Não concordo

“Ainda que não tivessemos perante nós a realidade das experiências Nazi e Comunista, temos essas obras de ficção por Orwell, Huxley e Koestler, que nos avisam daquilo em que o mundo pode inevitavelmente tornar-se quando a humanidade se rende à ciência. Ver os seres humanos como objectos não é vê-los como eles são, apagando a aparência através da qual se relacionam uns com os outros como pessoas. É criar uma nova espécie de criatura, um ser humano despersonalizado, em que sujeito e objecto se distanciam, o primeiro em direcção a um mundo de sonhos desamparados, o segundo para a destruição. Num sentido muito concreto, não pode, portanto, existir uma ciência que explore o que somos uns para os outros, quando respondemos uns aos outros como pessoas.”

in Guia de Filosofia para Pessoas Inteligentes by Roger Scruton

Neste livro Roger Scruton posiciona filosofia e ciência em posições antagónicas: a filosofia como a consolação humana para o bisturi implacável de uma ciência insensível. É precisamente este tipo de apologia ao divórcio entre as diferentes disciplinas do conhecimento que até poderia ser compreensível aquando da sua génese, por questões de afirmação e clarificação epistemológica, mas que por esta altura já deveria ter sido ultrapassada. António Damásio (por exemplo) já o fez. No seu livro Ao Encontro de Espinosa tece uma ligação entre filosofia e ciência onde cabem tanto a ressonância magnética funcional, que analisa a activação dos componentes cerebrais a diferentes estímulos, como os porquê – tipicamente filosóficos – de as coisas serem como são. A consciência vista pelo eu e pelo outro.

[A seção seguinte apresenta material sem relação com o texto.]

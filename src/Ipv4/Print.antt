-- ===== src/Ipv4/Print.antt =====
-- What an address looks like as text.
use terraformer.Base.{
  ℕ, zero, suc, ◌+◌, ◌-◌, ◌*◌, ◌/◌, ◌%◌, ◌^◌, ◌<◌, ◌≡◌, refl, sym, ap, subst, ◌∙◌, Bool, true,
  false, ◌&&◌, Option, none, some, List, [], ◌∷◌, arith, ◌==◌, >>=-some, All, All-imp, Bool-cases,
  inl, inr, ==_iff, and_parts, ◌≤◌,
}
use terraformer.Text.{Text, is_break, is_digit, split_on, is_digits, number, decimal}
use terraformer.Text.Lines.{IsLine}
use terraformer.Text.Ends.{split_on-All, split_on-join, Without}
use terraformer.Text.Numbers.{is_digits-IsLine}
use terraformer.Text.Strip.{decimal-IsDigits}
use terraformer.Ipv4.{octet, address_of, address, dotted, prefix_length, network_of, network}

octet-is_digits : (s : Text) (n : ℕ) → octet s ≡ some n → is_digits s ≡ true
unfolding octet
octet-is_digits s n h = ground arith

octet-IsLine : (s : Text) (n : ℕ) → octet s ≡ some n → IsLine s
octet-IsLine s n h = is_digits-IsLine s (octet-is_digits s n h)

address_of-lines : (ws : List Text) (n : ℕ) → address_of ws ≡ some n → All IsLine ws
unfolding address_of
address_of-lines [] n h = cc
address_of-lines (a ∷ []) n h = cc h
address_of-lines (a ∷ b ∷ []) n h = cc h
address_of-lines (a ∷ b ∷ c ∷ []) n h = cc h
address_of-lines (a ∷ b ∷ c ∷ d ∷ []) n h =
    let (w, (hw, kw)) = >>=-some (octet a) _ n h in
    let (x, (hx, kx)) = >>=-some (octet b) _ n kw in
    let (y, (hy, ky)) = >>=-some (octet c) _ n kx in
    let (z, (hz, kz)) = >>=-some (octet d) _ n ky in
    (octet-IsLine a w hw, (octet-IsLine b x hx, (octet-IsLine c y hy, (octet-IsLine d z hz, tt))))
address_of-lines (a ∷ b ∷ c ∷ d ∷ e ∷ l) n h = cc h

-- A text that reads as an address is one line.
pub address-IsLine : (s : Text) (n : ℕ) → address s ≡ some n → IsLine s
unfolding address is_break
address-IsLine s n h =
    split_on-All (λ c. is_break c ≡ false) b'.' s refl (address_of-lines (split_on b'.' s) n h)

-- Tables over the numbers that an octet and a prefix length may be.
abbrev all_below : (ℕ → Bool) → ℕ → Bool
all_below p zero = true
all_below p (suc n) = p n && all_below p n

all_below-at : (p : ℕ → Bool) (n k : ℕ) → all_below p n ≡ true → k < n → p k ≡ true
all_below-at p zero k h l = absurd (omega (arith, l))
all_below-at p (suc n) k h l = elim (Bool-cases (k == n)) [
  | inl e ↦ subst (λ m. p m ≡ true) (sym ((==_iff k n).0 e)) (and_parts (p n) _ h).0
  | inr e ↦ all_below-at p n k (and_parts (p n) _ h).1 (ground arith)
]

abbrev is_some_of : ℕ → Option ℕ → Bool
is_some_of k none = false
is_some_of k (some m) = m == k

is_some_of-eq : (k : ℕ) (o : Option ℕ) → is_some_of k o ≡ true → o ≡ some k
is_some_of-eq k none h = cc h
is_some_of-eq k (some m) h = ap some ((==_iff m k).0 h)

octets : all_below (λ k. is_some_of k (octet (decimal k))) 256 ≡ true
unfolding octet decimal is_digits number
octets = refl

octet-decimal : (k : ℕ) → k < 256 → octet (decimal k) ≡ some k
octet-decimal k l =
    is_some_of-eq k _ (all_below-at (λ m. is_some_of m (octet (decimal m))) 256 k octets l)

lengths : all_below (λ k. is_some_of k (prefix_length (decimal k))) 33 ≡ true
unfolding prefix_length decimal is_digits number
lengths = refl

pub prefix_length-decimal : (p : ℕ) → p ≤ 32 → prefix_length (decimal p) ≡ some p
prefix_length-decimal p l =
    is_some_of-eq p _
      (all_below-at (λ m. is_some_of m (prefix_length (decimal m))) 33 p lengths (omega (arith, l)))

digit_not_dot : (c : ℕ) → is_digit c ≡ true → (c == b'.') ≡ false
unfolding is_digit
digit_not_dot c h = ground arith

decimal-Without : (n : ℕ) → Without b'.' (decimal n)
decimal-Without n =
    All-imp (λ c. is_digit c ≡ true) _ digit_not_dot (decimal n) (decimal-IsDigits n)

abbrev quad : ℕ → List Text
quad n =
    decimal (n / 2 ^ 24 % 256)
    ∷ decimal (n / 2 ^ 16 % 256)
    ∷ decimal (n / 2 ^ 8 % 256)
    ∷ decimal (n % 256)
    ∷ []

split_on-dotted : (n : ℕ) → split_on b'.' (dotted n) ≡ quad n
unfolding dotted
split_on-dotted n =
    split_on-join b'.' _ _
      (decimal-Without _, (decimal-Without _, (decimal-Without _, (decimal-Without _, tt))))

address_of-octets :
    (a b c d w x y z : ℕ)
    → octet (decimal a) ≡ some w
    → octet (decimal b) ≡ some x
    → octet (decimal c) ≡ some y
    → octet (decimal d) ≡ some z
    → address_of (decimal a ∷ decimal b ∷ decimal c ∷ decimal d ∷ [])
      ≡ some (w * 2 ^ 24 + x * 2 ^ 16 + y * 2 ^ 8 + z)
unfolding address_of
address_of-octets a b c d w x y z h i j k = rw (h, i, j, k) refl

quad_value :
    (n : ℕ)
    → n < 2 ^ 32
    → n / 2 ^ 24 % 256 * 2 ^ 24 + n / 2 ^ 16 % 256 * 2 ^ 16 + n / 2 ^ 8 % 256 * 2 ^ 8 + n % 256 ≡ n
quad_value n l = omega (arith, l)

-- The dotted text of an address reads as that address.
pub address-dotted : (n : ℕ) → n < 2 ^ 32 → address (dotted n) ≡ some n
unfolding address
address-dotted n l =
    ap address_of (split_on-dotted n)
    ∙ address_of-octets _ _ _ _ _ _ _ _ (octet-decimal _ (omega arith))
        (octet-decimal _ (omega arith)) (octet-decimal _ (omega arith))
        (octet-decimal _ (omega arith))
    ∙ ap some (quad_value n l)

-- A network of two parts: an address without host bits, and a length.
pub network-parts :
    (s a m : Text) (n p : ℕ)
    → split_on b'/' s ≡ a ∷ m ∷ []
    → address a ≡ some n
    → prefix_length m ≡ some p
    → n % 2 ^ (32 - p) ≡ 0
    → network s ≡ some (n, p)
unfolding network network_of
network-parts s a m n p h x y e = ap network_of h ∙ rw (x, y, e) refl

A ética – tema filosófico por excelência – não deve, nem pode, ser dissociada da ciência. E se há, na ciência, uma tendência para objectificar o ser humano, ela surge precisamente pela mão de quem julga ser imperativo dissociar.

Não sendo filósofa nem cientista e apenas interessada na matéria do conhecimento, pouco me importam os argumentos com que os diferentes protagonistas destes campos esgrimem entre si qual tem mais autoridade enquanto método de conhecer. Interessa-me sim verificar se podemos obter mais do que a soma das partes quando combinarmos os resultados brilhantes de cada uma das tentativas de alcançar a verdade.